To help public sector organizations gain control over their data in the cloud, SAP offers sovereign cloud platforms such as Delos Cloud, which is designed to meet strict requirements for data residency, privacy, and security. These platforms are located within the physical boundaries of Europe or individual European states and comply with local regulations and standards for data privacy and cybersecurity.

• Complexity of migrating to cloud services; tied to legacy systems and struggle with integration

Public or private sector, this is a classic challenge when it comes to transformation of legacy systems onto a new platform or even replacing a highly customized solution to a standard solution.

SAP provides tools and services to help public sector organizations migrate and integrate legacy systems onto the cloud. For instance, SAP offers prebuilt integration scenarios that enable organizations to connect their on-premise systems to the cloud with minimal risk and disruption.

• Lock-in effect and vendor-lock

Vendor lock-in is a concern for both private and public sector organizations that rely heavily on a particular cloud service provider. It is a situation in which businesses become overly dependent on a provider’s services and technology, making it difficult for them to switch to another provider without incurring high costs, significant disruption, or loss of functionality.

In the public sector, vendor lock-in can occur when a government agency adopts cloud services provided exclusively by a single vendor without considering the full implications of their decision. If the agency becomes too dependent on the provider and invests heavily in customizing their services, it can be difficult for them to switch to another provider.

To avoid this, intuitions can:

• Adopt open standards: Adopting open standards can enable agencies to switch between cloud providers without significant disruption or loss of functionality.
• Embrace multi-cloud services: Investing in multi-cloud services can provide government agencies with access to a broader range of services, reduce dependencies on a single provider, and mitigate the risk of vendor lock-in.
• Choose short-term and flexible contracts: Government agencies can choose short-term and flexible contracts to help ensure that they can switch providers quickly and save costs.
• Conduct thorough due diligence: Government agencies can conduct thorough due diligence before adopting a cloud provider’s services or technology. They should evaluate the provider’s technology, reliability, as well as any potential risks.

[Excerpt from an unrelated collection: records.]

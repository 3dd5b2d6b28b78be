-- ===== src/Tracker/State/Departure.antt =====
-- `delete_peer` on both globals, where the peer that leaves is not the first of the list.
use dart_sync.Base.{
  ℕ, ◌<◌, ◌≡◌, refl, false, not, ◌&&◌, none, some, Option, List, [], ◌∷◌, ◌==◌, ok, length, CString,
  str_eq, ◌||◌, ap, sym, >>=-ok_inv,
}
use dart_sync.Table.{Node}
use dart_sync.Tracker.Peers.{delete_from_list}
use dart_sync.Tracker.Slots.Wf.{listed}
use dart_sync.Tracker.Slots.Prune.{prune-IsSlots, listed-prune}
use dart_sync.Tracker.Merge.Newest.{entries}
use dart_sync.Tracker.Merge.Invariant.{IsTable, AllSlots, Unique, has_name}
use dart_sync.Tracker.Merge.Versions.{version, newest}
use dart_sync.Tracker.Peers.Chain.{Cell, IsPeers}
use dart_sync.Tracker.Peers.Leave.{delete_from_list_lem, without, closing}
use dart_sync.Tracker.State.{Tracker, prune_table, prune_ft, delete_peer}

-- Entry by entry the same file, held by the same peers but for `ip`.
abbrev pub Forgets : CString → List Node → List Node → Type 0
Forgets ip [] [] = Unit
Forgets ip [] (u ∷ us) = ⊥
Forgets ip (t ∷ ts) [] = ⊥
Forgets ip (t ∷ ts) (u ∷ us) =
    (u.name ≡ t.name)
    × (version u ≡ version t)
    × ((x : CString) → listed x u.newpeerip ≡ (listed x t.newpeerip && not (str_eq ip x)))
    × Forgets ip ts us

prune_table-Forgets :
    (ip : CString) (table : List Node) → AllSlots table → Forgets ip table (prune_table ip table)
unfolding prune_table
prune_table-Forgets ip [] w = tt
prune_table-Forgets ip (t ∷ rest) w =
    (refl, refl, λ x. listed-prune x ip t.newpeerip (w.0), prune_table-Forgets ip rest (w.1))

has_name-prune_table :
    (n ip : CString) (table : List Node) → has_name n (prune_table ip table) ≡ has_name n table
unfolding prune_table
has_name-prune_table n ip [] = refl
has_name-prune_table n ip (t ∷ rest) = ap (◌||◌ (str_eq t.name n)) (has_name-prune_table n ip rest)

Unique-prune_table :
    (ip : CString) (table : List Node) → Unique table → Unique (prune_table ip table)
unfolding prune_table
Unique-prune_table ip [] u = tt
Unique-prune_table ip (t ∷ rest) u =
    (rw (has_name-prune_table t.name ip rest) (u.0), Unique-prune_table ip rest (u.1))

AllSlots-prune_table :
    (ip : CString) (table : List Node) → AllSlots table → AllSlots (prune_table ip table)
unfolding prune_table
AllSlots-prune_table ip [] w = tt
AllSlots-prune_table ip (t ∷ rest) w =
    (prune-IsSlots ip t.newpeerip (w.0), AllSlots-prune_table ip rest (w.1))

newest-prune_table :
    (n ip : CString) (table : List Node) → newest n (prune_table ip table) ≡ newest n table
unfolding prune_table
newest-prune_table n ip [] = refl
newest-prune_table n ip (t ∷ rest) = rw (newest-prune_table n ip rest) refl

pub newest-prune_ft :
    (n ip : CString) (ft : Option (List Node))
    → newest n (entries (prune_ft ip ft)) ≡ newest n (entries ft)
unfolding prune_ft
newest-prune_ft n ip none = refl
newest-prune_ft n ip (some table) = newest-prune_table n ip table

pub prune_ft-Forgets :
    (ip : CString) (ft : Option (List Node))
    → IsTable (entries ft)
    → IsTable (entries (prune_ft ip ft)) × Forgets ip (entries ft) (entries (prune_ft ip ft))
unfolding prune_ft
prune_ft-Forgets ip none w = (w, tt)
prune_ft-Forgets ip (some table) w = (
  record {
    unique = Unique-prune_table ip table w.unique;
    slots = AllSlots-prune_table ip table w.slots;
  },
  prune_table-Forgets ip table w.slots,
)

-- When the first peer of the list has another socket and the loop may run often enough,
-- delete_peer takes the first other peer with the socket out of the list, closes the socket
-- exactly if it was there, keeps the table well-formed and takes the address out of every entry
-- while files, versions and other holders stay.
pub delete_peer_lem :
    (rounds sock : ℕ) (ip : CString) (tr : Tracker) (c : Cell) (xs : List Cell)
    → IsTable (entries tr.ft)
    → IsPeers tr.peers (c ∷ xs)
    → length xs < rounds
    → (c.sock == sock) ≡ false
    → (tr' : Tracker) × (delete_peer rounds tr sock ip ≡ ok tr')
      × IsPeers tr'.peers (c ∷ without sock xs)
      × (tr'.peers.closed ≡ closing sock xs tr.peers.closed)
      × IsTable (entries tr'.ft)
      × Forgets ip (entries tr.ft) (entries tr'.ft)
unfolding delete_peer
delete_peer_lem rounds sock ip tr c xs wt wp fuel other =
    let (ps', got, left, closed, _, _) =
      delete_from_list_lem rounds sock tr.peers c xs wp fuel other in
    let (table, forgets) = prune_ft-Forgets ip tr.ft wt in
    (record tr { ft = prune_ft ip tr.ft; peers = ps' }, rw got refl, left, closed, table, forgets)

-- What `delete_peer` does to the table does not depend on the list.
pub delete_peer-ft :
    (rounds sock : ℕ) (ip : CString) (tr tr' : Tracker)
    → delete_peer rounds tr sock ip ≡ ok tr'
    → tr'.ft ≡ prune_ft ip tr.ft
unfolding delete_peer
delete_peer-ft rounds sock ip tr tr' e =
    let (ps', _, made) = >>=-ok_inv (delete_from_list rounds tr.peers sock) _ tr' e in
    let same : record tr { ft = prune_ft ip tr.ft; peers = ps' } ≡ tr' = cc made in
    sym (ap (λ (t : Tracker). t.ft) same)
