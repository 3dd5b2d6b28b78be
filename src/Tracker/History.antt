-- ===== src/Tracker/History.antt =====
-- How the file table of the tracker changes, whatever its threads do: by announcements and by
-- departures alone.
use dart_sync.Base.{
  ◌≡◌, refl, ◌∙◌, sym, ap, subst, Option, none, some, List, [], ◌∷◌, CString, ok, inl, inr, arith,
}
use dart_sync.Table.{Node}
use dart_sync.Tracker.Merge.{update_filetable}
use dart_sync.Tracker.Merge.Newest.{entries, newest-update_filetable, update_filetable-nil}
use dart_sync.Tracker.Merge.Invariant.{IsTable, update_filetable-IsTable}
use dart_sync.Tracker.Merge.Versions.{Version, ◌⊑◌, newer, newer_upper, join, newest}
use dart_sync.Tracker.State.{prune_ft}
use dart_sync.Tracker.State.Departure.{prune_ft-Forgets, newest-prune_ft}

pub data Evolves (a : Option (List Node)) : Option (List Node) → Type 0 where
  still : Evolves a a
  learns :
      {b c : Option (List Node)} (files : List Node)
      → Evolves a b
      → update_filetable b files ≡ ok c
      → Evolves a c
  forgets :
      {b c : Option (List Node)} (ip : CString) → Evolves a b → c ≡ prune_ft ip b → Evolves a c

pub Evolves-trans : {a b c : Option (List Node)} → Evolves a b → Evolves b c → Evolves a c
Evolves-trans p still = p
Evolves-trans p (learns files q e) = learns files (Evolves-trans p q) e
Evolves-trans p (forgets ip q e) = forgets ip (Evolves-trans p q) e

-- One entry to a name and well-formed arrays are kept.
pub Evolves-IsTable :
    {a c : Option (List Node)} → Evolves a c → IsTable (entries a) → IsTable (entries c)
Evolves-IsTable still w = w
Evolves-IsTable {c} (learns {b} files p e) w =
    elim (update_filetable-IsTable b files (Evolves-IsTable p w)) [
      | inl fails ↦ cc (fails, e)
      | inr (c', got, w') ↦
          subst (λ f. IsTable (entries f)) (let same : c' ≡ c = cc (got, e) in same) w'
    ]
Evolves-IsTable (forgets {b} ip p e) w =
    subst (λ f. IsTable (entries f)) (sym e) (prune_ft-Forgets ip b (Evolves-IsTable p w)).0

-- The order of versions, with no version below all others.
abbrev pub AtMost : Option Version → Option Version → Type 0
AtMost none w = Unit
AtMost (some v) none = ⊥
AtMost (some v) (some w) = v ⊑ w

pub AtMost-refl : (v : Option Version) → AtMost v v
AtMost-refl none = tt
AtMost-refl (some v) = inr (refl, omega arith)

pub AtMost-trans : (u v w : Option Version) → AtMost u v → AtMost v w → AtMost u w
AtMost-trans none v w p q = tt
AtMost-trans (some u) none w p q = absurd p
AtMost-trans (some u) (some v) none p q = absurd q
AtMost-trans (some u) (some v) (some w) p q = ground arith

pub AtMost-join : (v w : Option Version) → AtMost v (join v w)
AtMost-join none w = tt
AtMost-join (some v) none = inr (refl, omega arith)
AtMost-join (some v) (some w) = (newer_upper v w).0

learned_newest :
    (n : CString) (b c : Option (List Node)) (files : List Node)
    → update_filetable b files ≡ ok c
    → AtMost (newest n (entries b)) (newest n (entries c))
learned_newest n none c [] e = tt
learned_newest n (some table) c [] e =
    subst (λ f. AtMost (newest n table) (newest n (entries f)))
      (let same : some table ≡ c = cc (update_filetable-nil table, e) in same)
      (AtMost-refl (newest n table))
learned_newest n b c (p ∷ files) e =
    let (table, got, newer) = newest-update_filetable b p files in
    subst (λ f. AtMost (newest n (entries b)) (newest n (entries f)))
      (let same : some table ≡ c = cc (got, e) in same)
      (subst (AtMost (newest n (entries b))) (sym (newer n)) (AtMost-join (newest n (entries b)) _))

-- The newest version of a name never goes down.
pub Evolves-newest :
    (n : CString) {a c : Option (List Node)}
    → Evolves a c
    → AtMost (newest n (entries a)) (newest n (entries c))
Evolves-newest n still = AtMost-refl _
Evolves-newest n (learns {b} {c} files p e) =
    AtMost-trans _ (newest n (entries b)) _ (Evolves-newest n p) (learned_newest n b c files e)
Evolves-newest n (forgets {b} ip p e) =
    AtMost-trans _ (newest n (entries b)) _ (Evolves-newest n p) (
      subst (AtMost (newest n (entries b)))
        (sym (ap (λ f. newest n (entries f)) e ∙ newest-prune_ft n ip b)) (AtMost-refl _))
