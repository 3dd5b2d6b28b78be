-- ===== src/System/Newest.antt =====
-- The newest version of a name and the entry that `compareNode` or the monitor finds under it.
use dart_sync.Base.{
  ◌≡◌, refl, sym, subst, false, none, some, List, [], ◌∷◌, CString, str_eq, str_eq_refl, arith, inl,
  inr, Bool-cases,
}
use dart_sync.Table.{Node}
use dart_sync.Tracker.Merge.Versions.{version, join, newest}
use dart_sync.Tracker.Merge.Invariant.{Unique, has_name}
use dart_sync.Tracker.History.{AtMost, AtMost-join}
use dart_sync.Peer.Sync.{find_node}
use dart_sync.Peer.Sync.Whole.{Elem, Elem-other}

-- The first entry of a name is at most the newest one.
pub AtMost-find_node :
    (n : CString) (table : List Node) (t : Node)
    → find_node n table ≡ some t
    → AtMost (some (version t)) (newest n table)
unfolding find_node
AtMost-find_node n [] t e = cc e
AtMost-find_node n (u ∷ rest) t e = elim (Bool-cases (str_eq u.name n)) [
  | inl hit ↦
      let same : u ≡ t = cc (rw hit at e) in
      rw hit (
        subst (λ (x : Node). AtMost (some (version x)) (join (some (version u)) (newest n rest)))
          same (AtMost-join (some (version u)) (newest n rest)))
  | inr miss ↦ rw miss (AtMost-find_node n rest t (rw miss at e))
]

newest-absent : (n : CString) (table : List Node) → has_name n table ≡ false → newest n table ≡ none
newest-absent n [] h = refl
newest-absent n (t ∷ rest) h = ground (arith, newest-absent n rest)

-- With one entry to a name that entry is the newest one.
pub newest-Elem :
    (seek : Node) (table : List Node)
    → Unique table
    → Elem seek table
    → newest seek.name table ≡ some (version seek)
newest-Elem seek [] u i = absurd i
newest-Elem seek (t ∷ rest) u (inl e) =
    subst (λ (x : Node). newest x.name (t ∷ rest) ≡ some (version x)) (sym e)
      (rw (str_eq_refl t.name, newest-absent t.name rest u.0) refl)
newest-Elem seek (t ∷ rest) u (inr i) =
    let other : str_eq t.name seek.name ≡ false = Elem-other t.name seek rest u.0 i in
    rw other (newest-Elem seek rest u.1 i)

In conclusion, while cloud adoption in the public sector has been slow, cloud providers such as Delos Cloud, founded by SAP, are offering solutions that can help public sector organizations overcome various challenges. These challenges include compliance with regulations, lack of in-house expertise, perceived lack of control over data, complexity of migration, and integration with legacy systems. By using cloud-based solutions, public sector organizations can take advantage of the technology’s scalability, cost savings, and innovation potential.